Screening for VISA and hVISA. To screen isolates with reduced susceptibility to vancomycin, original isolates or frozen stocks were streaked onto blood agar plates. After overnight incubation, a few colonies were inoculated into tryptic soy broth. A suspension grown overnight in tryptic soy broth equivalent to a 0.5 McFarland standard (10⁸ CFU/ml) was prepared in 0.9% saline. Then, 10 µl (10⁶ CFU) of the suspension was spread onto brain heart infusion agar (Becton Dickinson, Sparks, Md.) containing 4 µg of vancomycin/ml (BHI-V4). The plates were incubated for 48 h at 37°C, and the cell growth was inspected at 24 and 48 h (7). If confluent growth was apparent within 24 h, similar to that of Mu50, the strain was considered a potential VISA strain. If a countable (1 to 30) number of colonies was apparent within 48 h, similar to Mu3, the strain was designated as a possible hVISA strain. If cell growth was not apparent within 48 h, the strain was considered susceptible to vancomycin (5). Whenever screening tests were repeated, BHI-V4 plates were newly prepared and the positive controls were used. The isolates were passaged no more than twice on nonselective medium.

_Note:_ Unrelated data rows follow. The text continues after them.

-- ===== src/Sched/HolAware/Choice.antt =====
-- core/sched/tier4_hol_aware.go: what HoLAware.Next sends on, and when it waits.
use bondify.Common.{
  ℕ, ◌-◌, ◌^◌, ◌<◌, ◌⊎◌, ◌≡◌, refl, sym, subst, Bool, true, false, ◌&&◌, ◌||◌, not, Option, none,
  some, List, [], ◌∷◌, arith, ltb, leb, ◌==◌, length, if_intro, Bool-cases, inl, inr,
}
use bondify.Common.Float.{Float}
use bondify.Common.Int.{ℤ, pos, ltb_ℤ, ◌≤ℤ◌}
use bondify.Sched.{PathView, has_room, active_bond_paths, scan, past}
use bondify.Sched.Rotation.{ScanFound, scan-Found}
use bondify.Sched.Ties.{
  unmeasured_rtt, measured, Among, get_elem?-Among, keep_sound, keep_complete, path_in, is_tied,
  fastest_rtt, fastest_tied_set,
}
use bondify.Sched.Ties.Fastest.{
  Bonded, Usable, RoundTrip, Least, Tied, measured-RoundTrip, RoundTrip-measured, is_tied-Tied,
  Tied-is_tied, fastest_rtt-Least, keep-Bonded, Bonded-keep, room-Usable, Usable-room,
}
use bondify.Sched.HolAware.Candidate.{
  OfBest, Below, skips, slowest_from-OfBest, found, path_in-Among, place_of, full_turn_blocks,
}
use bondify.Sched.HolAware.{
  HolAware, decay, raise, projected_slow, slowest_from, use_slow, send_tied, rewound, hol_next,
}

module _ {F : Type 0} (fl : Float F) where
  -- No usable path is tied for fastest, and this one, with its round trip, is the least of the usable
  -- ones.
  pub record Fallback (m : ℤ) (ps : List (PathView F)) (p : PathView F) (n : ℤ) : Type 0 where
    pub full : (q : PathView F) → Usable ps q → ¬ Tied fl m q
    pub usable : Usable ps p
    pub trip : RoundTrip p n
    pub least : (q : PathView F) (k : ℤ) → Usable ps q → RoundTrip q k → n ≤ℤ k

  -- The least round trip is measured, and lambda times the other one is above it.
  abbrev pub Waits : F → ℤ → ℤ → Type 0
  Waits lambda m n =
      (¬ (pos (2 ^ 63 - 1) ≤ℤ m)) × (¬ (fl.to_int (fl.mul lambda (fl.of_int n)) ≤ℤ m))

  -- Times 0.98, but not below 0.5.
  abbrev pub Lowered : F → F → Type 0
  Lowered l k =
      let scaled = fl.mul l (fl.ratio 98 100) in
      ((fl.lt scaled (fl.ratio 5 10) ≡ true) × (k ≡ fl.ratio 5 10))
      ⊎ ((fl.lt scaled (fl.ratio 5 10) ≡ false) × (k ≡ scaled))

  -- Times 1.15, but not above 4.
  abbrev pub Raised : F → F → Type 0
  Raised l k =
      let scaled = fl.mul l (fl.ratio 115 100) in
      ((fl.lt (fl.ratio 4 1) scaled ≡ true) × (k ≡ fl.ratio 4 1))
      ⊎ ((fl.lt (fl.ratio 4 1) scaled ≡ false) × (k ≡ scaled))

  -- What comes back, and the new lambda.
  abbrev pub Outcome : F → ℤ → List (PathView F) → Option (PathView F) → F → Type 0
  Outcome l m ps (some p) k =
      ((Usable ps p × Tied fl m p) ⊎ ((n : ℤ) × Fallback m ps p n × (¬ Waits l m n))) × Lowered l k
  Outcome l m ps none k =
      (((q : PathView F) → ¬ Usable ps q) × (k ≡ l))
      ⊎ ((p : PathView F) × (n : ℤ) × Fallback m ps p n × Waits l m n × Raised l k)

  abbrev pub Chosen : HolAware F → List (PathView F) → Option (PathView F) → HolAware F → Type 0
  Chosen h ps o h' = (m : ℤ) × Least (Bonded ps) m × Outcome h.lambda m ps o h'.lambda

  abbrev pub DistinctIds : List (PathView F) → Type 0
  DistinctIds ps = (p q : PathView F) → Among p ps → Among q ps → p.id ≡ q.id → p ≡ q

  decay-Lowered : (h : HolAware F) → Lowered h.lambda (decay fl h).lambda
  unfolding decay
  decay-Lowered h =
      if_intro (Lowered h.lambda) (fl.lt (fl.mul h.lambda (fl.ratio 98 100)) (fl.ratio 5 10))
        (λ e. inl (e, refl)) (λ e. inr (e, refl))

  raise-Raised : (h : HolAware F) → Raised h.lambda (raise fl h).lambda
  unfolding raise
  raise-Raised h =
      if_intro (Raised h.lambda) (fl.lt (fl.ratio 4 1) (fl.mul h.lambda (fl.ratio 115 100)))
        (λ e. inl (e, refl)) (λ e. inr (e, refl))

  abbrev pub Ended : List (PathView F) → ℤ → F → Option (PathView F) × HolAware F → Type 0
  Ended ps m l r = Outcome l m ps r.0 r.1.lambda

  -- Behind the full tied paths.
  waiting :
      (h : HolAware F) (ps : List (PathView F)) (m : ℤ) (o : Option (PathView F × ℤ))
      → OfBest (λ p n. Usable ps p × RoundTrip p n) o
      → ((q : PathView F) → Usable ps q → Below o (measured q.rtt_min))
      → ((q : PathView F) → Usable ps q → ¬ Tied fl m q)
      → Ended ps m h.lambda (use_slow fl h m o)
  unfolding use_slow
  waiting h ps m none b least full = inl ((λ q u. least q u), refl)
  waiting h ps m (some (slow, n)) (u, trip) least full =
      let fallback : Fallback m ps slow n = record {
        full = full;
        usable = u;
        trip = trip;
        least = λ q k v t. subst (λ z. n ≤ℤ z) (sym (RoundTrip-measured q k t)) (least q v);
      } in
      if_intro (Ended ps m h.lambda) (not (ltb_ℤ m unmeasured_rtt))
        (λ g. (inr (n, fallback, λ w. w.0 (ground arith)), decay-Lowered h))
        λ g.
          if_intro (Ended ps m h.lambda) (not (ltb_ℤ m (projected_slow fl h n)))
            (λ k. (inr (n, fallback, λ w. w.1 (ground arith)), decay-Lowered h))
            λ k. inr (slow, n, fallback, ((λ w. ground arith), (λ w. ground arith)), raise-Raised h)

  tied_paths : List (PathView F) → List (PathView F)
  tied_paths ps = (fastest_tied_set fl (active_bond_paths ps)).1

  tied_paths-Tied :
      (ps : List (PathView F)) (p : PathView F)
      → Among p (tied_paths ps)
      → Bonded ps p × Tied fl (fastest_rtt (active_bond_paths ps)) p
  unfolding tied_paths fastest_tied_set active_bond_paths
  tied_paths-Tied ps p here =
      let m = fastest_rtt (active_bond_paths ps) in
      let (inside, tied) = keep_sound (is_tied fl m) (active_bond_paths ps) p here in
      (keep-Bonded ps p inside, is_tied-Tied fl m p tied)

  Tied-tied_paths :
      (ps : List (PathView F)) (p : PathView F)
      → Bonded ps p
      → Tied fl (fastest_rtt (active_bond_paths ps)) p
      → Among p (tied_paths ps)
  unfolding tied_paths fastest_tied_set active_bond_paths
  Tied-tied_paths ps p b t =
      let m = fastest_rtt (active_bond_paths ps) in
      keep_complete (is_tied fl m) (active_bond_paths ps) p (Bonded-keep ps p b)
        (Tied-is_tied fl m p t)

  clash : {A : Type 0} {b : Bool} → b ≡ true → b ≡ false → A
  clash e f = absurd (ground arith)

  -- A usable path is not skipped where the tied paths are full.
  not_skipped :
      (ps : List (PathView F)) (q : PathView F)
      → DistinctIds ps
      → ((r : PathView F) → Among r (tied_paths ps) → has_room r ≡ false)
      → Usable ps q
      → skips (tied_paths ps) q ≡ false
  unfolding skips
  not_skipped ps q ids full u =
      let room = Usable-room ps q u in
      elim (Bool-cases (path_in (tied_paths ps) q)) [
        | inl e ↦
            let (r, a, same) = path_in-Among (tied_paths ps) q e in
            let equal = ids r q (tied_paths-Tied ps r a).0.0 u.0.0 same in
            clash room (subst (λ x. has_room x ≡ false) equal (full r a))
        | inr e ↦ neither (path_in (tied_paths ps) q) (has_room q) e room
      ]
    where
      neither : (a b : Bool) → a ≡ false → b ≡ true → (a || not b) ≡ false
      neither a b e f = ground arith

  skipped_not :
      (ps : List (PathView F)) (q : PathView F)
      → skips (tied_paths ps) q ≡ false
      → has_room q ≡ true
  unfolding skips
  skipped_not ps q s = room (path_in (tied_paths ps) q) (has_room q) s
    where
      room : (a b : Bool) → (a || not b) ≡ false → b ≡ true
      room a b h = ground arith

  -- Behind the loop over the tied paths.
  after_turn :
      (h : HolAware F) (ps : List (PathView F)) (r : Option (ℕ × PathView F))
      → DistinctIds ps
      → (0 < length (tied_paths ps) → h.cursor < length (tied_paths ps))
      → ScanFound has_room (tied_paths ps) h.cursor (length (tied_paths ps)) 0 r
      → let m = fastest_rtt (active_bond_paths ps) in
        Ended ps m h.lambda (
          send_tied fl h
            (length (tied_paths ps))
            m
            (slowest_from (tied_paths ps) none (active_bond_paths ps))
            r)
  unfolding send_tied
  after_turn h ps (some (idx, p)) ids low f =
      let (b, t) = tied_paths-Tied ps p (get_elem?-Among (tied_paths ps) idx p f.entry) in
      (
        inl (room-Usable ps p b f.good, t),
        decay-Lowered (record h { cursor = past (length (tied_paths ps)) idx }),
      )
  after_turn h ps none ids low f =
      let set = active_bond_paths ps in
      let primary = tied_paths ps in
      let full = full_turn_blocks primary h.cursor low f in
      waiting h ps (fastest_rtt set) (slowest_from primary none set)
        (slowest_from-OfBest (λ p n. Usable ps p × RoundTrip p n) primary none set tt
          λ q a s. (
            room-Usable ps q (unfold active_bond_paths in keep-Bonded ps q a) (skipped_not ps q s),
            measured-RoundTrip q,
          ))
        (λ q u.
          found primary none set q (unfold active_bond_paths in Bonded-keep ps q u.0)
            (not_skipped ps q ids full u))
        (λ q u t. clash (Usable-room ps q u) (full q (Tied-tied_paths ps q u.0 t)))

  rewound_lem :
      (h : HolAware F) (n : ℕ)
      → (0 < n → (rewound fl h n).cursor < n) × ((rewound fl h n).lambda ≡ h.lambda)
  rewound_lem h n =
      if_intro (λ (k : HolAware F). (0 < n → k.cursor < n) × (k.lambda ≡ h.lambda))
        (ltb 0 n && leb n h.cursor) {y = h} (λ f. ((λ b. b), refl)) λ f. ((λ b. ground arith), refl)

  full_turn :
      (primary : List (PathView F)) (cursor : ℕ)
      → ScanFound has_room primary cursor
          (length primary)
          0
          (scan has_room primary cursor (length primary) 0)
  full_turn [] cursor = unfold scan in λ k b. absurd (omega arith)
  full_turn (p ∷ ps) cursor = scan-Found has_room (p ∷ ps) cursor (length (p ∷ ps)) 0 (omega arith)

  -- With distinct path ids, HoLAware.Next does one of these things, where a usable path is an
  -- ACTIVE one of role BOND with room, and the tied paths are those whose round trip is at most 15
  -- %, or two milliseconds if that is more, above the least one of all ACTIVE paths of role BOND
  -- (by int64 arithmetic; all of them while none is measured). It returns a usable tied path. Or
  -- no usable path is tied, and it returns a usable path with the least round trip among the
  -- usable ones, the least of all being unmeasured or lambda times the returned path's not above
  -- it. Or the same with lambda times that path's above it, and it returns none. Or no path is
  -- usable, and it returns none. Returning a path scales lambda by 0.98, not below 0.5; waiting
  -- scales it by 1.15, not above 4; with no usable path it stays.
  pub hol_next-Chosen :
      (h : HolAware F) (ps : List (PathView F))
      → DistinctIds ps
      → Chosen h ps (hol_next fl h ps).0 (hol_next fl h ps).1
  unfolding hol_next tied_paths fastest_tied_set
  hol_next-Chosen h ps ids =
      let set = active_bond_paths ps in
      let primary = tied_paths ps in
      let n = length primary in
      let m = fastest_rtt set in
      let outcome : Ended ps m h.lambda (hol_next fl h ps) =
        if_intro (Ended ps m h.lambda) (length set == 0)
          (λ e. inl (
            (λ q u.
                let (j, b, k) = place_of set q (unfold active_bond_paths in Bonded-keep ps q u.0) in
                ground arith),
            refl,
          ))
          λ e.
            let h' = rewound fl h n in
            let (low, same) = rewound_lem h n in
            let r = scan has_room primary h'.cursor n 0 in
            let s = send_tied fl h' n m (slowest_from primary none set) r in
            subst (λ l. Ended ps m l s) same
              (after_turn h' ps r ids low (full_turn primary h'.cursor)) in
      (
        m,
        unfold active_bond_paths in
            fastest_rtt-Least (Bonded ps) set (keep-Bonded ps) (Bonded-keep ps),
        outcome,
      )
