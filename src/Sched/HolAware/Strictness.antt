-- ===== src/Sched/HolAware/Strictness.antt =====
-- The adaptive strictness stays in its documented range, 0.5 to 4.
use bondify.Common.{
  ◌≡◌, false, not, ◌==◌, Option, none, some, List, length, if_intro, ltb, leb, ◌&&◌, ℕ,
}
use bondify.Common.Float.{Float}
use bondify.Common.Int.{ℤ, ltb_ℤ}
use bondify.Sched.{PathView, has_room, active_bond_paths, scan, past}
use bondify.Sched.Ties.{unmeasured_rtt, fastest_tied_set}
use bondify.Sched.HolAware.{
  HolAware, lambda_min, lambda_max, decay, raise, projected_slow, use_slow, send_tied, rewound,
  hol_next, slowest_from,
}

module _ {F : Type 0} (fl : Float F) where
  -- Not below the minimum and not above the maximum.
  abbrev pub InBounds : HolAware F → Type 0
  InBounds h = (fl.lt h.lambda (lambda_min fl) ≡ false) × (fl.lt (lambda_max fl) h.lambda ≡ false)

  -- Of the float order: 0.98 x is not above a bound that x is not above, 1.15 x not below a bound that
  -- x is not below, for x from 0.5 to 4; and the two bounds are ordered.
  pub record Scaling : Type 0 where
    pub shrinks :
        (h : HolAware F)
        → InBounds h
        → fl.lt (lambda_max fl) (fl.mul h.lambda (fl.ratio 98 100)) ≡ false
    pub grows :
        (h : HolAware F)
        → InBounds h
        → fl.lt (fl.mul h.lambda (fl.ratio 115 100)) (lambda_min fl) ≡ false
    pub irreflexive : (x : F) → fl.lt x x ≡ false
    pub apart : fl.lt (lambda_max fl) (lambda_min fl) ≡ false

  decay-InBounds : Scaling → (h : HolAware F) → InBounds h → InBounds (decay fl h)
  unfolding decay
  decay-InBounds law h b =
      let scaled = fl.mul h.lambda (fl.ratio 98 100) in
      if_intro (λ x. (fl.lt x (lambda_min fl) ≡ false) × (fl.lt (lambda_max fl) x ≡ false))
        (fl.lt scaled (lambda_min fl)) (λ e. (law.irreflexive (lambda_min fl), law.apart))
        λ e. (e, law.shrinks h b)

  raise-InBounds : Scaling → (h : HolAware F) → InBounds h → InBounds (raise fl h)
  unfolding raise
  raise-InBounds law h b =
      let scaled = fl.mul h.lambda (fl.ratio 115 100) in
      if_intro (λ x. (fl.lt x (lambda_min fl) ≡ false) × (fl.lt (lambda_max fl) x ≡ false))
        (fl.lt (lambda_max fl) scaled) (λ e. (law.apart, law.irreflexive (lambda_max fl)))
        λ e. (law.grows h b, e)

  use_slow-InBounds :
      Scaling
      → (h : HolAware F) (fastest : ℤ) (found : Option (PathView F × ℤ)) → InBounds h
      → InBounds (use_slow fl h fastest found).1
  unfolding use_slow
  use_slow-InBounds law h fastest none b = b
  use_slow-InBounds law h fastest (some (slow, rtt)) b =
      if_intro (λ (r : Option (PathView F) × HolAware F). InBounds r.1)
        (not (ltb_ℤ fastest unmeasured_rtt)) (λ e. decay-InBounds law h b)
        λ e.
          if_intro (λ (r : Option (PathView F) × HolAware F). InBounds r.1)
            (not (ltb_ℤ fastest (projected_slow fl h rtt))) (λ f. decay-InBounds law h b)
            λ f. raise-InBounds law h b

  after_scan :
      Scaling
      → (h : HolAware F) (n : ℕ) (fastest : ℤ) (slow : Option (PathView F × ℤ))
        (r : Option (ℕ × PathView F))
      → InBounds h
      → InBounds (send_tied fl h n fastest slow r).1
  unfolding send_tied
  after_scan law h n fastest slow none b = use_slow-InBounds law h fastest slow b
  after_scan law h n fastest slow (some (idx, p)) b =
      decay-InBounds law (record h { cursor = past n idx }) b

  -- If scaling by 0.98 and by 1.15 respects the order of floats near the bounds, every call of
  -- HoLAware.Next keeps lambda between its two bounds.
  pub hol_next-InBounds :
      (h : HolAware F) (ps : List (PathView F))
      → Scaling
      → InBounds h
      → InBounds (hol_next fl h ps).1
  unfolding hol_next
  hol_next-InBounds h ps law b =
      if_intro (λ (r : Option (PathView F) × HolAware F). InBounds r.1)
        (length (active_bond_paths ps) == 0) (λ e. b)
        λ e.
          let bond = active_bond_paths ps in
          let set = fastest_tied_set fl bond in
          let n = length set.1 in
          let h' = rewound fl h n in
          let b' : InBounds h' = if_intro InBounds (ltb 0 n && leb n h.cursor) (λ f. b) (λ f. b) in
          after_scan law h' n set.0 (slowest_from set.1 none bond)
            (scan has_room set.1 h'.cursor n 0) b'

Population analysis. Any isolates that grew on BHI-V4 were subjected to population analysis, as previously described (27). After diluting overnight cultures to a 0.5 McFarland standard, 50 µl of the cell suspension and its serial diluents were spread onto BHI agar plates containing vancomycin concentrations in the range 1 to 10 mg/liter with 1-mg/liter increments. The plates were incubated at 37°C for 48 h, and the number of colonies was counted.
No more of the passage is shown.